Before I get onto the PRIME course a few questions.
How would you prepare people for prehospital work? What skills would you need to respond to well anything at all and do the “Golden hour” things? How would you teach them?
Enough questions onto the course itself.
PRIME is a five day course designed to prepare both rural nurses and doctors for prehospital work. It accepts the people on the course have previous experience and teaching is based around preparation, with lots of skill stations and scenarios to teach from.
The course is run by St Johns New Zealand and tutors are Intensive care paramedics/Advanced paramedics. These guys are great, heaps of stories, an attention span that matches mine and see the lighter side of medicine. I really enjoyed chatting with them about cases. Asking what if? is a favourite trick. Take what seems simple in ED and twist it. Things are much more complicated on the side of the road, in a paddock or upside down.
Day 1 Airway day (bit of IV/IO Access.)
Introductions and straight into it. The course has a deemphasised intubation as the primary skill and pushes airway management. The vast majority of the PRIMEs are “occasional” or almost never intubators. Great of talk about LMA vs ETT and as I mentioned earlier emphasis on ventilation not intubation. Then run through the common airway compromise situations. Discussions about airway adjuncts. Into practical skills. Using few models including some difficult airway models.
Day 2 Arrest/ACLS using Lifepacks. Cardioversion and pacing.
Kicked off with whiteboard discussion around arrest in the community. Some gems “Firefighters are great they do awesome CRP and they come in a team of at least 4. thats 2 mins on 6 mins off.” Lots of scenarios so people get used to the protocols and just recognising the time pressures and being organised. (knowing your way around the PRIME bag)
Then moved onto Tachy/Brady rhythms and cardioversion/pacing. Again short discussion, ECG analysis and then onto using the machines.
Day 3 Medical +
Day spent on common medical emergencies. Again moving quickly over certain topics we see regularly and taking time on the more rare serious conditions. Big discussion around IV adrenaline when to and not to use. (Ill get onto this in part three promise!)
Got a few people hooked on LITFL (Its the number one gateway #FOAMed drug) after showing them the ECG library.
Day 4 Trauma
Discussion around the “trauma mindset” and triage scenarios.

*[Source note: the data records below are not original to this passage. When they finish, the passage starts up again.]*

-- ===== src/Repository/Tables.antt =====
-- The tables of migrations/ as the repository uses them, and what the program has from outside it.
use cashflow_backend.Base.{ℕ, Bool, Option, List, Text}
use cashflow_backend.Domain.{
  Uuid, Date, Time, Decimal, Account, FiscalYear, FiscalPeriod, Journal, SubledgerEventMapping,
  AccountingConfiguration, AccountMoveLine, MoveHeader, FinancialAuditLog, Fallible,
}

-- One line's fields as hashMove hands them to json.Marshal.
pub record LineEntry : Type 0 where
  pub id : Uuid
  pub move_id : Uuid
  pub account_id : Uuid
  pub debit : Decimal
  pub credit : Decimal
  pub amount_currency : Decimal
  pub currency_id : Text
  pub matching_number : Text
  pub date : Date
  pub partner_id : Option Uuid
  pub cost_center_id : Option Uuid

-- The document that hashMove hashes.
pub record MovePayload : Type 0 where
  pub id : Uuid
  pub name : Text
  pub date : Date
  pub journal_id : Uuid
  pub lines : List LineEntry
  pub previous_hash : Text

-- A member of the map that a transaction marshals for the audit log.
pub data JsonValue : Type 0 where
  json_id : Uuid → JsonValue
  json_maybe_id : Option Uuid → JsonValue
  json_text : Text → JsonValue

-- What the program calls and does not implement.
pub record Env : Type 0 where
  -- the value that a NUMERIC(28, 4) column keeps
  pub numeric : Decimal → Decimal
  -- decimal.Decimal: Round(4), Mul and Round(4), and Mul, Div and Round(4) for `a * b / c`
  pub round4 : Decimal → Decimal
  pub product4 : Decimal → Decimal → Decimal
  pub prorated : Decimal → Decimal → Decimal → Decimal
  -- uuid.New, by the count of calls so far
  pub new_uuid : ℕ → Uuid
  -- UUID.String, and UnixNano in decimal
  pub uuid_text : Uuid → Text
  -- Format(time.RFC3339Nano)
  pub rfc3339_nano : Time → Text
  pub unix_nano_text : Time → Text
  -- the text of a JSONB value
  pub jsonb_text : Text → Text
  -- sha256 in hexadecimal, of a text and of the JSON of a move
  pub sha256_hex : Text → Text
  pub hash_payload : MovePayload → Text
  -- json.Marshal of a map
  pub marshal : List (Text × JsonValue) → Text
  -- the order of the JSON texts of two lines
  pub json_before : LineEntry → LineEntry → Bool
  -- what Scan makes of a NULL for a Go string
  pub scan_null : Fallible Text

-- A row of account_moves. While `has_hash` is false the column hash_signature is NULL.
pub record MoveRow : Type 0 where
  pub header : MoveHeader
  pub open header use *
  pub has_hash : Bool

pub record LineRow : Type 0 where
  pub line : AccountMoveLine
  pub open line use *
  pub reconciled_amount : Decimal

pub record ProcessedEvent : Type 0 where
  pub idempotency_key : Text
  pub event_type : Text
  pub move_id : Uuid

pub record Reconciliation : Type 0 where
  pub id : Uuid
  pub date : Date
  pub account_id : Uuid
  pub currency_id : Text
  pub realized_fx_move_id : Option Uuid
  pub created_by : Uuid

pub record ReconciliationItem : Type 0 where
  pub reconciliation_id : Uuid
  pub move_line_id : Uuid
  pub allocated_amount : Decimal
  pub currency_id : Text

-- The rows of each table, in the order of insertion; of `audit`, in the order of the serial id.
pub record Db : Type 0 where
  pub accounts : List Account
  pub years : List FiscalYear
  pub periods : List FiscalPeriod
  pub journals : List Journal
  pub moves : List MoveRow
  pub lines : List LineRow
  pub audit : List FinancialAuditLog
  pub events : List ProcessedEvent
  pub mappings : List SubledgerEventMapping
  pub configurations : List AccountingConfiguration
  pub reconciliations : List Reconciliation
  pub items : List ReconciliationItem
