-- ===== src/Lib.antt =====
-- Verification of BoundSeal (NXBounty), a research platform that sends HTTP requests only to the
-- targets that a signed policy authorises. The development follows a request through the core of
-- the workspace: a policy is compiled, the scope gateway decides on the request, a one-use ticket
-- binds the decision to one connection, a vault lends the secret headers, and the HTTP/1 codec
-- writes the request and parses the response.
--
-- The parts, with the code that each models (paths from the repository's root):
--   Policy       crates/nxb-policy/src/lib.rs: the records of a policy (Types), the normal forms of
--                hosts, schemes and methods (Hosts), `compile`, `allows_host` and `allows_request`
--                (Compile), and `narrow` (Narrow). Compiled, Within and Narrowing carry its
--                theorems; Subdomains, HostForms, HostSets and ValueForms carry lemmas on texts.
--   Budget       crates/nxb-budget/src/lib.rs: `RequestBudget`, with `new`, `try_start`, `finish`.
--   Destination  crates/nxb-destination/src/lib.rs: the classes of IP addresses; also the older
--                `is_public_destination` of crates/nxb-policy.
--   Audit        crates/nxb-audit/src/lib.rs: the hash-linked chain, `append` and `verify`.
--   Dns          crates/nxb-dns/src/lib.rs: `DnsPinSet`, with `pin_or_validate`, `release_context`.
--   Transport    crates/nxb-transport/src/lib.rs: `TicketAuthority`, with `issue`, `consume` and
--                `revoke_context` (Authority), over bindings and their hash (Binding).
--   Gateway      crates/nxb-gateway/src/lib.rs: `ScopeGateway`, which owns a compiled policy, a
--                budget, the DNS pins and the audit chain, and calls each as the code does; its
--                decisions and reasons (Types) and its audit events (Events). Allowing, Granting,
--                Histories and Panics carry its theorems, Stages their lemmas.
--   Vault        crates/nxb-vault/src/lib.rs: bindings, secrets and leases (Types), their checks
--                (Checks, Cookies), the vault's own audit chain (Chain), header leases and batches
--                (Headers), and `InMemorySecretVault` (Store, Store.Operations,
--                Store.Materializing). Histories has the calls on a vault, and what every change
--                that they make keeps; Spending, Revoking and Sources carry the theorems, Linking,
--                Lines, Numbering and Granting their lemmas.
--   Http1        crates/nxb-http1/src: the limits and messages of model.rs (Model); parser.rs, as
--                lines and header fields (Fields), the framing of a body (Framing), chunked bodies
--                (Chunked) and whole responses (Parser); `serialize_request` of codec.rs, which
--                takes the secret headers from a lease of the vault (Request). Framing.Agreement,
--                Chunked.RoundTrip, the children of Parser, and Request.Head and Request.Redaction
--                carry the theorems.
--   Std          what the code uses of Rust's library: strings by their UTF-8 bytes, sorted sets
--                and maps, `i64`, IP addresses as numbers, and the conversions of `Duration`.
--   External     the `url` crate, as a record of operations.
--   Common       the names, tests and lemmas that the parts share.
--   Examples     concrete values, runs of the definitions, and the theorems at these values.
--
-- A mutable object is a record that a call takes and gives back with its answer. An error is a
-- value of `Result`; a panic that the code can reach is an outcome too (Budget.Failure,
-- Gateway.Types.Failure). A `BTreeMap` is an association list in key order. The unsigned integers
-- are natural numbers, with the saturating and checked additions written out; a duration is its
-- number of nanoseconds. Loops are recursion on the list that they go through. `decimal` has fuel
-- for 20 digits, which every `u64` fits. The two loops of the response parser have fuel for each
-- byte there is: a round takes a byte at least, so they never run out. A cursor into the bytes is
-- held with the bytes from there on.
--
-- Parameters, of which nothing is assumed unless a theorem names it: `f64` (Std.Float.Float64; the
-- theorems on narrowing assume that `x < x` is false, which holds of every `f64`), the `url` crate,
-- SHA-256, and the JSON writer.
--
-- Not modelled: reading a policy from TOML, plain accessors, the texts of error messages (but for
-- those of nxb-http1), the wiping of secrets from memory, the exchange of nxb-http1 over a stream,
-- and the crates of the workspace that are not named here.
pub mod Common
pub mod External
pub mod Std
pub mod Policy
pub mod Budget
pub mod Destination
pub mod Audit
pub mod Dns
pub mod Transport
pub mod Http1
pub mod Vault
pub mod Gateway
pub mod Examples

Their approach to patients is to use a “critical action check” which is very similar to ATLS as you would expect. Then jumping into simulation. practice getting people out of cars with boards ect. Also putting splints on people and discussing practical things like the fact a Thomas femoral splint doesn’t fit in many of the rescue helicopters. They have stopped teaching surgical chest decompression on the course and are pushing needles for tension only. But again if you do it in your own practice the PRIME handbook is all for “Further procedures felt appropriate by the practitioner”
The trauma had an excellent simulation, you arrive at a car crash with trapped passengers. Assessment. when you asked for help eg: fire they were waiting around the corner. Turned up lights an sirens and helped you extricate your patients. Really nothing prepares you better for the reality than spending time around a crash scene. Loud, sometimes difficult patients (had great actress in the car). Makes you realise the need to take control of the scene.
Day 5 Paeds/O&G/ Mental health emergencies
Good discussion around pregnancy issues, we had an O+G trained GP and midwife who took these session. Another common theme on the course was the instructors passing the education to someone in the group who does this regularly. Covered difficult deliveries and flat babies/resus.
Had a fantastic talk about capacity and mental health that even @Eleytherius would have been proud of.
The assessments on the course were usually done in the morning. Scenarios/Sim just really showing that you could do the skills which you had practiced and felt comfortable with the protocols ect. They were happy with people doing slightly off protocol things. Provided you could justify you decision and management. There was supposed to be a written test but the papers were never written so they skipped that.
I felt the course was good. It covers what needs to be covered in a short period of time. Five days seems like ages but it flew past. Having done ATLS and APLS the major difference was the practical approach on PRIME and much less PowerPoint. Obviously with the time pressures some topics are brushed over, esp topics we see regularly or that perhaps don’t need such emphasis. Hand hygiene talk was short…
As a course I would recommend to those who dont do ED work day to day. Many of the things are straightforward to those who do them regularly. For me the biggest difference is getting into the prehospital mindset and “doing it”. Not alot I would change on the course, the protocols are due a work over and few bits of their kit are disappearing see below!
So that’s PRIME ill discuss some protocols in next few weeks. Happy to answer any questions you have.